Scientists have developed a reusable and universally applicable method for powering nanoscale machines using heat, a breakthrough that could accelerate the development of molecular computers and smart materials. Researchers at Caltech created a system where machines made of synthetic DNA can perform complex tasks repeatedly, recharging through brief pulses of heat. This innovation addresses a primary obstacle in the field of molecular programming: the lack of a sustainable and clean power source for machines operating at the billionth-of-a-meter scale.
The new technique, detailed in the journal Nature, provides a versatile energy solution for a range of DNA-based devices, from robots that sort molecular cargo to circuits that process information. Unlike conventional chemical fuels used at this scale, which produce waste and can only be used once, the heat-recharging method is clean and sustainable. By harnessing heat, an abundant and universal energy source, the system can be reset and reused multiple times, allowing the molecular machines to sustain their activity and interact with their environment over extended periods.
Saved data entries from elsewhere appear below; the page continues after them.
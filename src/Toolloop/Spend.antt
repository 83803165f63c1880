-- ===== src/Toolloop/Spend.antt =====
-- internal/toolloop/loop.go: what a run spends.
use dispute_router.Common.{
  ℕ, suc, ◌+◌, ◌*◌, ◌≤◌, ◌≡◌, refl, subst, false, List, [], ◌∷◌, ◌++◌, arith, length, length-append,
}
use dispute_router.Common.Bytes.{Bytes}
use dispute_router.Llm.{Message, Usage, add_usage}
use dispute_router.Llm.Pricing.{cost, cost-add_usage, cost-no_usage}
use dispute_router.Llm.{Response}
use dispute_router.Toolloop.Ends.{Ends, use_tools-Ends, switch-Ends, round-Ends, run-Ends}
use dispute_router.Toolloop.{
  Budget, ToolCall, Turn, RunResult, Loop, World, Returned, tool_uses_in, finish, assistant_message,
  text_of, turn_of, end_run, is_spent, round, run, switch,
}

abbrev pub spent : List Turn → ℕ
spent [] = 0
spent (t ∷ ts) = t.cost_micros + spent ts

-- Each turn was bought while what had been spent was under the ceiling.
abbrev pub Afforded : Budget → ℕ → List Turn → Type 0
Afforded b sofar [] = Unit
Afforded b sofar (t ∷ ts) = (is_spent b sofar ≡ false) × Afforded b (sofar + t.cost_micros) ts

spent-append : (ts : List Turn) (t : Turn) → spent (ts ++ (t ∷ [])) ≡ spent ts + t.cost_micros
spent-append [] t = omega arith
spent-append (x ∷ ts) t = omega (arith, spent-append ts t)

Afforded-append :
    (b : Budget) (sofar : ℕ) (ts : List Turn) (t : Turn)
    → Afforded b sofar ts
    → is_spent b (sofar + spent ts) ≡ false
    → Afforded b sofar (ts ++ (t ∷ []))
Afforded-append b sofar [] t h e = (subst (λ (n : ℕ). is_spent b n ≡ false) (omega arith) e, tt)
Afforded-append b sofar (x ∷ ts) t (g, h) e = (
  g,
  Afforded-append b (sofar + x.cost_micros) ts t h
      (subst (λ (n : ℕ). is_spent b n ≡ false) (omega arith) e),
)

-- The books of a run with at most `n` turns.
pub record Ledger (l : Loop) (n : ℕ) (turns : List Turn) (usage : Usage) (micros : ℕ) : Type 0 where
  pub count : length turns ≤ n
  pub total : micros ≡ spent turns
  pub over : micros ≤ cost l.pricing usage
  pub under : cost l.pricing usage ≤ micros + 4 * length turns
  pub afforded : Afforded l.budget 0 turns

Ledger-append :
    (l : Loop) (n : ℕ) (turns : List Turn) (usage : Usage) (micros : ℕ) (entry : Turn)
    → Ledger l n turns usage micros
    → is_spent l.budget micros ≡ false
    → entry.cost_micros ≡ cost l.pricing entry.usage
    → Ledger l
        (suc n)
        (turns ++ (entry ∷ []))
        (add_usage usage entry.usage)
        (micros + entry.cost_micros)
Ledger-append l n turns usage micros entry h e p =
    let (lo, hi) = cost-add_usage l.pricing usage entry.usage in
    let more : length (turns ++ (entry ∷ [])) ≡ length turns + 1 =
      length-append {0} turns (entry ∷ []) in
    record {
      count = omega (arith, h.count);
      total = omega (arith, h.total, spent-append turns entry);
      over = omega (arith, h.over);
      under = omega (arith, h.under);
      afforded =
          Afforded-append l.budget 0 turns entry h.afforded
            (subst (λ (m : ℕ). is_spent l.budget m ≡ false) (omega (arith, h.total)) e);
    }

-- The books of what a run has come to.
abbrev pub Booked : Loop → ℕ → RunResult → Type 0
Booked l n r = Ledger l n r.turns r.usage r.cost_micros

Booked-mono : (l : Loop) (n m : ℕ) (r : RunResult) → n ≤ m → Booked l n r → Booked l m r
Booked-mono l n m r le h = record {
  count = omega (arith, h.count);
  total = h.total;
  over = h.over;
  under = h.under;
  afforded = h.afforded;
}

round-Booked :
    (l : Loop) (w : World) (system : Bytes) (turn n m : ℕ) (ms : List Message) (r : RunResult)
    → suc n ≤ m
    → Booked l n r
    → Ends
        (λ out. Booked l m out.result)
        (λ ms' r'. Booked l (suc n) r')
        (round l w system turn ms r)
unfolding end_run turn_of finish
round-Booked l w system turn n m ms r le h =
    round-Ends P Q l w system turn ms r (λ e. Booked-mono l n m r (omega arith) h)
      (Booked-mono l n m r (omega arith) h) λ response e. answered response e
  where
    P : Returned → Type 0
    P out = Booked l m out.result

    Q : List Message → RunResult → Type 0
    Q ms' r' = Booked l (suc n) r'

    answered :
        (response : Response)
        → is_spent l.budget r.cost_micros ≡ false
        → Ends P Q (
            switch l w turn
              (ms ++ (assistant_message response ∷ []))
              (record r { text = text_of response.blocks; stop_reason = response.stop_reason })
              response)
    answered response e =
        let heard = record r {
          text = text_of response.blocks;
          stop_reason = response.stop_reason;
        } in
        let sent = ms ++ (assistant_message response ∷ []) in
        let entry = turn_of l turn response in
        let booked = λ (calls : List ToolCall).
          Ledger-append l n r.turns r.usage r.cost_micros (record entry { tool_calls = calls }) h e
            refl in
        let ended = λ (calls : List ToolCall).
          Booked-mono l (suc n) m (finish r (record entry { tool_calls = calls })) le
            (booked calls) in
        switch-Ends P Q l w turn sent heard response
          (λ f.
            use_tools-Ends P Q l w turn sent heard entry (tool_uses_in response.blocks) (ended [])
              ended (λ bs calls same. booked calls))
          (λ halt f. ended [])

-- At every end of a run, errors included: there are at most MaxTurns turns, each bought while the cost of those before
-- it was under the ceiling, if there is one; the cost is the sum of theirs, no more than the price of
-- the whole usage and at most four micro-dollars a turn less.
pub run-Booked :
    (l : Loop) (w : World) (system prompt : Bytes)
    → Booked l l.budget.max_turns (run l w system prompt).result
run-Booked l w system prompt =
    run-Ends (λ out. Booked l l.budget.max_turns out.result) (λ n ms r. Booked l n r) l w system
      prompt (λ t ms r le q. round-Booked l w system t t l.budget.max_turns ms r le q) (λ ms r q. q)
      record {
        count = omega arith;
        total = refl;
        over = omega arith;
        under = omega (arith, cost-no_usage l.pricing);
        afforded = tt;
      }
A Universal Fuel for Molecular Work
The quest to build complex molecular machines has been hampered by the need for a reliable power source. Living cells use a universal energy currency called ATP, but creating a synthetic equivalent has been a persistent challenge. Early DNA-based machines were often single-use, relying on the energy released from the binding of DNA strands, which could not be easily reversed. Subsequent designs used chemical fuels, but these inputs were specific to each machine and generated waste products that could interfere with operations.
The Caltech team, led by Professor Lulu Qian, recognized that heat is a ubiquitous and readily available energy source that could offer a more general solution. “Unlike specialized fuels, heat is everywhere and easy to access,” Qian stated. The key was to design a system that could store potential energy and then have its state restored by a simple temperature change. This approach allows the same power mechanism to be applied to different types of molecular machines, regardless of their specific function. The recharge process is also clean, leaving behind no waste beyond the remnants of the input signals, which can be naturally recycled.
Harnessing the Power of Kinetic Traps
The heat-rechargeable system is built upon a physical phenomenon known as a kinetic trap. A compressed spring is a macroscopic example of a kinetic trap; it holds stored energy that is released when the trap is sprung. At the molecular level, the researchers designed DNA structures that function as “springs,” storing energy in their configuration. These DNA-based kinetic traps are programmed to remain in a high-energy, compressed state at room temperature, allowing the molecular machine to perform its designated task.
Once the machine has completed its work and expended the stored energy, the entire system can be recharged. This is accomplished by briefly heating the environment. The pulse of heat provides the energy needed to “re-compress” the molecular springs, returning them to their high-energy state. The system is then cooled back down to room temperature, where it is ready to receive new inputs and perform its function again. This cycle of work followed by a heat-based reset makes the machines reusable and capable of sustained operation.
Designing the DNA Circuits
The research was conducted by Qian and former postdoctoral scholar Tianqi Song. They used the unique chemical bonding properties of synthetic DNA to build circuits that can process signals similar to miniature computers. These DNA strands are engineered to self-assemble into specific structures that act as gates, switches, and pathways for molecular information. The energy stored in the kinetic traps drives the interactions within these circuits, allowing them to perform logical operations or even mimic the behavior of a neural network.
From Logic Gates to Neural Networks
To demonstrate the versatility of their heat-rechargeable design, the researchers applied it to two fundamentally different types of molecular systems: a logic circuit and a neural network. Logic circuits are the foundation of modern computing, performing calculations based on simple “true/false” inputs. The team successfully built a DNA-based logic circuit that could be used, recharged with heat, and then used again with new inputs.
They also applied the power source to a more complex molecular device: a neural network designed to recognize patterns. This network, made entirely of DNA, can be “trained” to identify molecular patterns in a way that is analogous to how artificial intelligence learns to recognize images. The researchers showed that their heat-rechargeable system could power the network through multiple cycles of pattern recognition, demonstrating its applicability to more sophisticated computational tasks. This success suggests the method is robust enough to power a wide array of future nanotechnologies.
Implications for Nanotechnology and Medicine
The ability to sustainably power nanoscale machines opens the door to numerous applications in materials science and medicine. In the future, “smart” materials could be developed that change their properties on demand, powered by these rechargeable DNA circuits. For example, a material could be programmed to become more or less rigid in response to specific molecular signals, with its function sustained over time through heat recharging.
In medicine, DNA robots powered by this technology could one day perform complex tasks inside the human body. These machines could be designed to detect disease markers, deliver drugs directly to cancer cells, or even perform repairs at the cellular level. The use of heat as a power source is particularly advantageous in this context, as controlled temperature changes are already used in various medical procedures. Because the system is waste-free, it is less likely to cause harmful side effects, a major concern for any internally administered nanotechnology.